Together our findings showed that individuals with sleep apnea who have late meals and higher eating duration presented worse sleep pattern and apnea severity in addition to higher risk of fatigue and poor sleep quality than individuals who are earlier eaters and individuals with lower eating duration. Therefore, the current study supports the idea that individuals who are late eaters and individuals with higher eating duration have physiopathologic alterations that contribute to different disturbances, including sleep.
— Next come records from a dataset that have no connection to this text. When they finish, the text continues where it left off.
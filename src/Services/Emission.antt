-- ===== src/Services/Emission.antt =====
-- internal/aggregator/service.go: batches into the window source, and its windows to the publisher.
-- The publisher is a component of its own: a function on a world that it may change.
pub mod Retention
pub mod Source
pub mod Shedding
use mcp_ironclaw.Prelude.{
  ℕ, ◌-◌, ◌==◌, Option, none, some, List, [], ◌∷◌, ◌++◌, if◌then◌else◌, length,
}
use mcp_ironclaw.Go.Int64.{sub64}
use mcp_ironclaw.Go.Text.{Text, codes}
use mcp_ironclaw.Domain.Errors.{Error, Result, ok, err}
use mcp_ironclaw.Domain.Event.{Batch}
use mcp_ironclaw.Domain.Key.{AggregateWindow}
use mcp_ironclaw.Services.Metrics.{Recorder, record_sample}

abbrev pub metric_batches_consumed : Text
metric_batches_consumed = codes "aggregator_batches_consumed"

abbrev pub metric_windows_emitted : Text
metric_windows_emitted = codes "aggregator_windows_emitted"

abbrev pub metric_windows_retained : Text
metric_windows_retained = codes "aggregator_windows_retained"

abbrev pub metric_events_shed : Text
metric_events_shed = codes "aggregator_events_shed"

-- The interface `WindowSource`; `shed` is there when the source is a `shedReporter`.
pub record WindowSource (S : Type 0) : Type 0 where
  pub ingest_batch : Batch → S → S × Option Error
  pub collect_windows_before : ℕ → S → S × Result (List AggregateWindow)
  pub collect_all : S → S × Result (List AggregateWindow)
  pub commit : List AggregateWindow → S → S
  pub shed : Option (S → ℕ)

-- domain.WindowPublisher, with the context that it is called under
abbrev pub WindowPublisher : Type 0 → Type 0
WindowPublisher W = AggregateWindow → W → W × Option Error

pub record Service (S W : Type 0) : Type 0 where
  pub source : S
  pub world : W
  pub metrics : Recorder
  pub last_shed : ℕ  -- int64

abbrev pub record_metric : {S W : Type 0} → Text → ℕ → Service S W → Service S W
record_metric name delta s =
    if delta == 0 then s else record s { metrics = record_sample name delta s.metrics }

-- What a round of publications yields: the world, the windows that were published and the first
-- failure.
pub record Published (W : Type 0) : Type 0 where
  pub world : W
  pub published : List AggregateWindow
  pub failure : Option Error

-- The first of two failures.
abbrev pub first_failure : Option Error → Option Error → Option Error
first_failure (some e) later = some e
first_failure none later = later

module _ {W : Type 0} (publish_window : WindowPublisher W) where
  -- The loop of `publish`.
  unfoldable pub publish_all : List AggregateWindow → Published W → Published W
  publish_all [] p = p
  publish_all (w ∷ ws) p =
      let (world, result) = publish_window w p.world in
      elim result [
        | none ↦ publish_all ws (record p { world = world; published = p.published ++ w ∷ [] })
        | some e ↦
            publish_all ws (record p { world = world; failure = first_failure p.failure (some e) })
      ]

module _ {S W : Type 0} (src : WindowSource S) (publish_window : WindowPublisher W) where
  -- The end of `publish`: `Commit` and the two metrics.
  abbrev pub settle : List AggregateWindow → Published W → Service S W → Service S W × Option Error
  settle ws p s =
      let emitted =
        record_metric metric_windows_emitted (length p.published)
          (record s { source = src.commit p.published s.source; world = p.world }) in
      elim p.failure [
        | none ↦ (emitted, none)
        | some e ↦
            (record_metric metric_windows_retained (length ws - length p.published) emitted, some e)
      ]

  unfoldable pub publish : List AggregateWindow → Service S W → Service S W × Option Error
  publish ws s =
      settle ws
        (publish_all publish_window ws (record { world = s.world; published = []; failure = none }))
        s

  abbrev pub publish_collected :
      S × Result (List AggregateWindow) → Service S W → Service S W × Option Error
  publish_collected (x, err e) s = (record s { source = x }, some e)
  publish_collected (x, ok ws) s = publish ws (record s { source = x })

  unfoldable pub emit_closed_windows : ℕ → Service S W → Service S W × Option Error
  emit_closed_windows watermark s =
      publish_collected (src.collect_windows_before watermark s.source) s

  unfoldable pub emit_all : Service S W → Service S W × Option Error
  emit_all s = publish_collected (src.collect_all s.source) s

  unfoldable pub record_shed : Service S W → Service S W
  record_shed s = elim (src.shed) [
    | none ↦ s
    | some shed ↦
        let now = shed s.source in
        record_metric metric_events_shed (sub64 now s.last_shed) (record s { last_shed = now })
  ]

  -- A batch that the source has taken.
  abbrev pub taken : S × Option Error → Service S W → Service S W × Option Error
  taken (x, some e) s = (record s { source = x }, some e)
  taken (x, none) s =
      (record_shed (record_metric metric_batches_consumed 1 (record s { source = x })), none)

  unfoldable pub handle_batch : Option Error → Batch → Service S W → Service S W × Option Error
  handle_batch ctx b s = elim ctx [
    | some e ↦ (s, some e)
    | none ↦ taken (src.ingest_batch b s.source) s
  ]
Further studies in this area are required to provide causality in the relationship between meal timing and eating duration with sleep, especially regarding sleep architecture, and possible mechanisms involved. However, these results may imply that methods to improve dietary patterns and metabolic health should be encouraged for patients with obesity and OSA to reduce AHI and improve sleep architecture.
All authors have seen and approved the manuscript. This work has been supported in part by Fundação de Amparo à Pesquisa de Minas Gerais (FAPEMIG). The authors report no conflicts of interest.